A Grade 11 Fairmount High School pupil is recovering from the shock of having been abducted by three men who stole her belongings and injured her with a knife after they had forced her into their car.
The incident happened last Thursday while Azra Majiet was
on her way to the Grassy Park school.
Azra’s mother Shameega, called Southern Mail to allow her daughter to talk about her ordeal, after a message from Ms Majiet went viral on social media.
Ms Majiet said she had posted the message on her Hajj group chat, which had eight members, all of whom were family. She said she had posted on the group chat that she was taking her daughter to Victoria Hospital, in Wynberg after men had tried to kidnap her on her way to school. “I don’t know how the message ended up on Facebook,” she said, adding that before the story was blown out of proportion, she wanted Azra to explain what had happened.
Azra, who lives close to her school, said she left home at 7am, with her younger brother who attended a primary school in Grassy Park.
She walked along Ontong Road where her brother joined a group of his friends who were walking to school. She said when she got to Second Avenue, close to the Society for the Prevention of Cruelty to Animals (SPCA) a white Toyota Tazz approached from behind and “two men came out and pulled me into the car.”
She tried to fight them, but they put a “white tablet” in her mouth and forced her to swallow it, she said.
“Two men were in the back with me while a third man drove the car, but not too fast. The men took my jacket off me, my money, my phone and my school bag, which they later threw out of the car,” Azra explained.
She said in the struggle, the men, who had knives, stabbed her. “They stabbed me into my right arm, scraped over my face and hand.” She said she fought hard and noticed the right door was not closed properly. “I kicked one man out and jumped over him as I fell out of the car.”
When asked why the other man hadn’t tried to stop her, she said “his hands were full with my jacket, money and phone”.
Disorientated, she stumbled, picked up a few of her books which were lying in the street, and went to look for her brother. “No one was around, but eventually I found a neighbour who took me to school.”
She said her “head was spinning”, but she can’t be sure if it was because of the tablet they gave her.
Mr Klassen said when Azra got to school she was immediately assisted by fellow pupils and the school got hold of the police and ambulance who responded immediately. “She told us about the stabbing and how she managed to get away.”
“(Doctors at) Victoria Hospital couldn’t find out what type of tablet they (perpetrators) gave her, but when she came home her mother said she slept for an hour and a half. She was put off by the doctor on Thursday and Friday but she came to school on Friday.
“She is a fighter and she performs well in school,” Mr Klassen said.
Mr Klassen said a psychologist came to counsel Azra on Monday August 14. “I also spoke to the children, in assembly, and asked them not to walk alone to school.”
“Ladies should be more careful when walking in the streets. I advised them not to walk with earphones while listening to music.
“I also want to encourage parents who are working, to see that they get their children safely to school.”
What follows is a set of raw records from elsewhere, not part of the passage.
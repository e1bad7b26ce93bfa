-- ===== src/Models/Requests.antt =====
-- Requests and their results.
use gpubk.Prelude.{ℕ, String, Bool, Option, List}
use gpubk.Models.Defs.{Instant, Value, Mode, Actor, Reservation}

-- Scores stand in thousandths.
pub record BookingRequest : Type 0 where
  pub actor : Actor
  pub count : ℕ
  pub duration_seconds : ℕ
  pub start_at : Instant
  pub mode : Mode
  pub preferred_gpus : Option (List ℕ)
  pub gpu_order : Option (List ℕ)
  pub gpu_scores : Option (List (ℕ × ℕ))
  pub op_id : Option String
  pub allow_queue : Bool
  pub job_spec_id : Option String
  pub job_digest : Option String
  pub job_summary : Option String
  pub job_digest_aliases : List String
  pub expected_memory_mb : Option ℕ
  pub gpu_memory_capacity_mb : Option (List (ℕ × ℕ))
  pub share_units : Option Value
  pub excluded_gpus : Option (List ℕ)

pub record EditRequest : Type 0 where
  pub actor : Actor
  pub reservation_id : String
  pub op_id : Option String
  pub start_at : Option Instant
  pub duration_seconds : Option ℕ
  pub mode : Option Mode
  pub preferred_gpus : Option (List ℕ)
  pub gpu_order : Option (List ℕ)
  pub gpu_scores : Option (List (ℕ × ℕ))
  pub count : Option ℕ
  pub allow_queue : Bool
  pub expected_memory_mb : Option ℕ
  pub update_expected_memory : Bool
  pub gpu_memory_capacity_mb : Option (List (ℕ × ℕ))
  pub share_units : Option Value
  pub update_share_units : Bool
  pub excluded_gpus : Option (List ℕ)

pub record BookingResult : Type 0 where
  pub reservation : Reservation
  pub created : Bool
  pub message : String
  pub queued : Bool
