-- ===== src/Models/Equality.antt =====
-- Comparisons of modes, states and optional values, as the scheduler writes them.
use gpubk.Prelude.{ℕ, String, Bool, true, false, Option, none, some, str_eq}
use gpubk.Prelude.{◌==◌ as nat_eq}
use gpubk.Models.Defs.{
  Mode, shared, exclusive, unsupported, Status, active, JobStatus, pending, claimed, running,
}

abbrev pub is_shared : Mode → Bool
is_shared shared = true
is_shared _ = false

abbrev pub is_exclusive : Mode → Bool
is_exclusive exclusive = true
is_exclusive _ = false

abbrev pub same_mode : Mode → Mode → Bool
same_mode shared shared = true
same_mode exclusive exclusive = true
same_mode (unsupported a) (unsupported b) = str_eq a b
same_mode _ _ = false

abbrev pub is_active : Status → Bool
is_active active = true
is_active _ = false

abbrev pub is_pending : JobStatus → Bool
is_pending pending = true
is_pending _ = false

abbrev pub is_claimed : JobStatus → Bool
is_claimed claimed = true
is_claimed _ = false

abbrev pub is_running : JobStatus → Bool
is_running running = true
is_running _ = false

abbrev pub same_number : Option ℕ → Option ℕ → Bool
same_number none none = true
same_number (some a) (some b) = nat_eq a b
same_number _ _ = false

abbrev pub same_text : Option String → Option String → Bool
same_text none none = true
same_text (some a) (some b) = str_eq a b
same_text _ _ = false
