-- ===== src/Models.antt =====
-- src/bk/models.py, and the ledger's documents as ledger_schema.py admits them.
-- An instant is a number of whole seconds since the epoch: `parse_iso` and `utc_now` drop the
-- microseconds. A JSON key that may be missing is an `Option`.
mod Defs
mod Requests
mod Equality
pub use Requests.*
pub use Equality.*
pub use Defs.*
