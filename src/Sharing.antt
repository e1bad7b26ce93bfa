-- ===== src/Sharing.antt =====
-- src/bk/sharing.py: shares of a GPU. A ValueError is the `refused` of its message. Text is read by
-- its ASCII digits and white space.
pub mod Units
pub mod Numerals
use gpubk.Prelude.{ℕ, ◌-◌, ◌*◌, ◌/◌, max, Option, none, some, ltb, leb, if◌then◌else◌, ◌||◌}
use gpubk.Models.{ℤ, pos, negsuc, Value, null, bool, int, str, other}
use gpubk.Sharing.Numerals.{parse_int}

pub data ShareError : Type 0 where
  not_whole_number : ShareError
  not_whole_between : (capacity_units : ℕ) → ShareError
  outside_capacity : (capacity_units : ℕ) → ShareError

pub data Checked : Type 0 where
  accepted : ℕ → Checked
  refused : ShareError → Checked

abbrev pub default_share_units : ℕ
default_share_units = 1

-- `none` is the ValueError.
unfoldable pub whole_number : Value → Option ℤ
whole_number (bool b) = none
whole_number (int n) = some n
whole_number (str text) = parse_int text
whole_number _ = none

-- `units < 1 or units > capacity_units`
bounded : ℤ → ℕ → Checked
bounded (negsuc n) capacity_units = refused (outside_capacity capacity_units)
bounded (pos n) capacity_units =
    if ltb n 1 || ltb capacity_units n
    then refused (outside_capacity capacity_units)
    else accepted n

parsed : Option ℤ → ℕ → Checked
unfolding bounded
parsed none capacity_units = refused not_whole_number
parsed (some units) capacity_units = bounded units capacity_units

unfoldable pub normalize_share_units : Option Value → ℕ → Checked
unfolding parsed whole_number
normalize_share_units none capacity_units = bounded (pos default_share_units) capacity_units
normalize_share_units (some null) capacity_units = bounded (pos default_share_units) capacity_units
normalize_share_units (some value) capacity_units = parsed (whole_number value) capacity_units

-- A text or number from the command line.
unfoldable pub parse_share_units : Value → ℕ → Checked
unfolding parsed whole_number
parse_share_units value capacity_units = elim (whole_number value) [
  | none ↦ refused (not_whole_between capacity_units)
  | some units ↦ bounded units capacity_units
]

stored_units : Option ℤ → ℕ → ℕ
stored_units none capacity_units = max 1 capacity_units
stored_units (some (negsuc n)) capacity_units = max 1 capacity_units
stored_units (some (pos n)) capacity_units = if ltb n 1 then max 1 capacity_units else n

-- The units of a stored reservation, from the value under its `share_units` key.
unfoldable pub reservation_share_units : Option Value → ℕ → ℕ
unfolding stored_units whole_number
reservation_share_units none capacity_units = default_share_units
reservation_share_units (some raw) capacity_units = stored_units (whole_number raw) capacity_units

-- The number in the text of `share_example`.
unfoldable pub share_example : ℕ → ℕ
share_example capacity_units = if leb capacity_units 1 then 1 else capacity_units - 1

unfoldable pub inferred_share_memory_mb : ℕ → ℕ → ℕ → ℕ
inferred_share_memory_mb usable_memory_mb capacity_units share_units =
    max 1 (usable_memory_mb * share_units / max 1 capacity_units)
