-- ===== src/Scheduler/Reasons.antt =====
-- Why a placement is refused: each reason text is a constructor with the values that stand in it.
use gpubk.Prelude.{ℕ, String, List}
use gpubk.Models.{Instant, Mode}
use gpubk.Sharing.{ShareError}

pub data Reason : Type 0 where
  exclusive_conflict : (gpu : ℕ) → Reason
  has_shared : (gpu : ℕ) → Reason
  unsupported_mode : Mode → Reason
  invalid_share : ShareError → Reason
  shared_capacity_full : (gpu request used maximum : ℕ) → Reason
  shared_memory_full : (gpu requested projected usable : ℕ) → Reason
  duration_exceeded : (hours : ℕ) → Reason
  beyond_horizon : (days : ℕ) (horizon : Instant) → Reason
  blackout : (start end : Instant) (reason : String) → Reason
  not_eligible : (count eligible : ℕ) (disabled excluded : List ℕ) → Reason
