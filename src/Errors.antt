-- ===== src/Errors.antt =====
-- `BookingError`: a raised error is the `err` of its message, a constructor with the values that
-- stand in the text.
use gpubk.Prelude.{ℕ, ◌%◌, ◌*◌, ◌==◌, not, arith, ◌≡◌, refl, ap, Option, List, Bool, true, false}
use gpubk.Models.{Instant, Mode, JobStatus}
use gpubk.Sharing.{ShareError}
use gpubk.Scheduler.Reasons.{Reason}

pub data BookingError : Type 0 where
  unsupported_booking_mode : Mode → BookingError
  count_below_one count_mismatch : BookingError
  duration_not_positive : BookingError
  duration_granularity : (slot_minutes : ℕ) → BookingError
  start_granularity : (slot_minutes : ℕ) → BookingError
  start_before_slice : (slice : Instant) → BookingError
  memory_not_positive memory_budget_missing : BookingError
  share_slots_exclusive : BookingError
  share_slots : ShareError → BookingError
  gpu_out_of_range : (gpu : ℕ) → BookingError
  gpu_disabled : (gpu : ℕ) → BookingError
  gpu_selected_and_excluded : (gpu : ℕ) → BookingError
  eligible_count : (count eligible : ℕ) (disabled excluded : List ℕ) → BookingError
  operation_id_length operation_id_characters operation_id_reused : BookingError
  job_incomplete job_aliases_alone job_spec_id_invalid job_digest_invalid : BookingError
  job_aliases_count job_alias_invalid job_summary_length job_summary_characters : BookingError
  policy_malformed policy_mismatch : BookingError
  policy_conflict : Reason → BookingError
  unavailable : List Reason → Option (Instant × List ℕ) → BookingError
  moved_unexpectedly : BookingError
  reservation_not_found reservation_not_active permission_denied : BookingError
  cancellation_history_invalid edit_history_unsafe edit_history_full : BookingError
  edit_in_past edit_moved_unexpectedly : BookingError
  edit_start_in_past : (earliest : Instant) → BookingError
  edit_job_state : JobStatus → BookingError
  started_immutable started_needs_duration started_unavailable : BookingError
  started_elapsed : (earliest : Instant) → BookingError
  admin_required reason_missing reason_length reason_characters : BookingError

-- What a function returns or raises.
pub data Result {ℓ} (A : Type ℓ) : Type ℓ where
  err : BookingError → Result A
  ok : A → Result A

-- `if bad: raise BookingError(e)`
abbrev pub raise_if : Bool → BookingError → Result (Unit {0})
raise_if bad e = elim bad [ true ↦ err e | false ↦ ok tt ]

module _ {ℓ κ} {A : Type ℓ} {B : Type κ} where
  infixl 5 ◌>>=◌
  abbrev pub ◌>>=◌ : Result A → (A → Result B) → Result B
  err raised >>= rest = err raised
  ok value >>= rest = rest value

  -- A sequence that returns has a first part that returned.
  pub >>=-eq-ok :
      (first : Result A) (rest : A → Result B) {b : B}
      → (first >>= rest) ≡ ok b
      → (value : A) × (first ≡ ok value) × (rest value ≡ ok b)
  >>=-eq-ok (err raised) rest returns = cc
  >>=-eq-ok (ok value) rest returns = (value, refl, returns)

infixl 5 ◌>>◌
abbrev pub ◌>>◌ {ℓ} : {B : Type ℓ} → Result (Unit {0}) → Result B → Result B
check >> rest = check >>= λ _. rest

pub raise_if-ok : (b : Bool) (e : BookingError) → raise_if b e ≡ ok tt → b ≡ false
raise_if-ok true e h = cc
raise_if-ok false e h = refl

abbrev value_or {ℓ} : {A : Type ℓ} → A → Result A → A
value_or default (ok a) = a
value_or default (err e) = default

pub ok-injective {ℓ} : {A : Type ℓ} {a b : A} → ok a ≡ ok b → a ≡ b
ok-injective {a = a} h = ap (value_or a) h

-- A length that passes the test of granularity is a multiple of the slot.
pub whole_multiple :
    (d m : ℕ) (e : BookingError) → raise_if (not (d % (m * 60) == 0)) e ≡ ok tt → d % (m * 60) ≡ 0
whole_multiple d m e h = ground arith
He said they often found children being robbed of their cellphones and money when they walk to and from school. “We have spoken to Grassy Park police but are waiting on them to get back to us regarding regular patrolling.”
Detective head at Grassy Park police station, Colonel Etienne van Ede, confirmed that a case had been opened and that “we are currently investigating the case. We have received the J88 docket (detailing) her injuries.”
He advised children to be “aware of their surroundings and of what route they took to school”.
“Don’t take the same route every day,” he said.
When asked if officers had been deployed to patrol the area, he said: “Yes, we are more visible and are patrolling in the area.”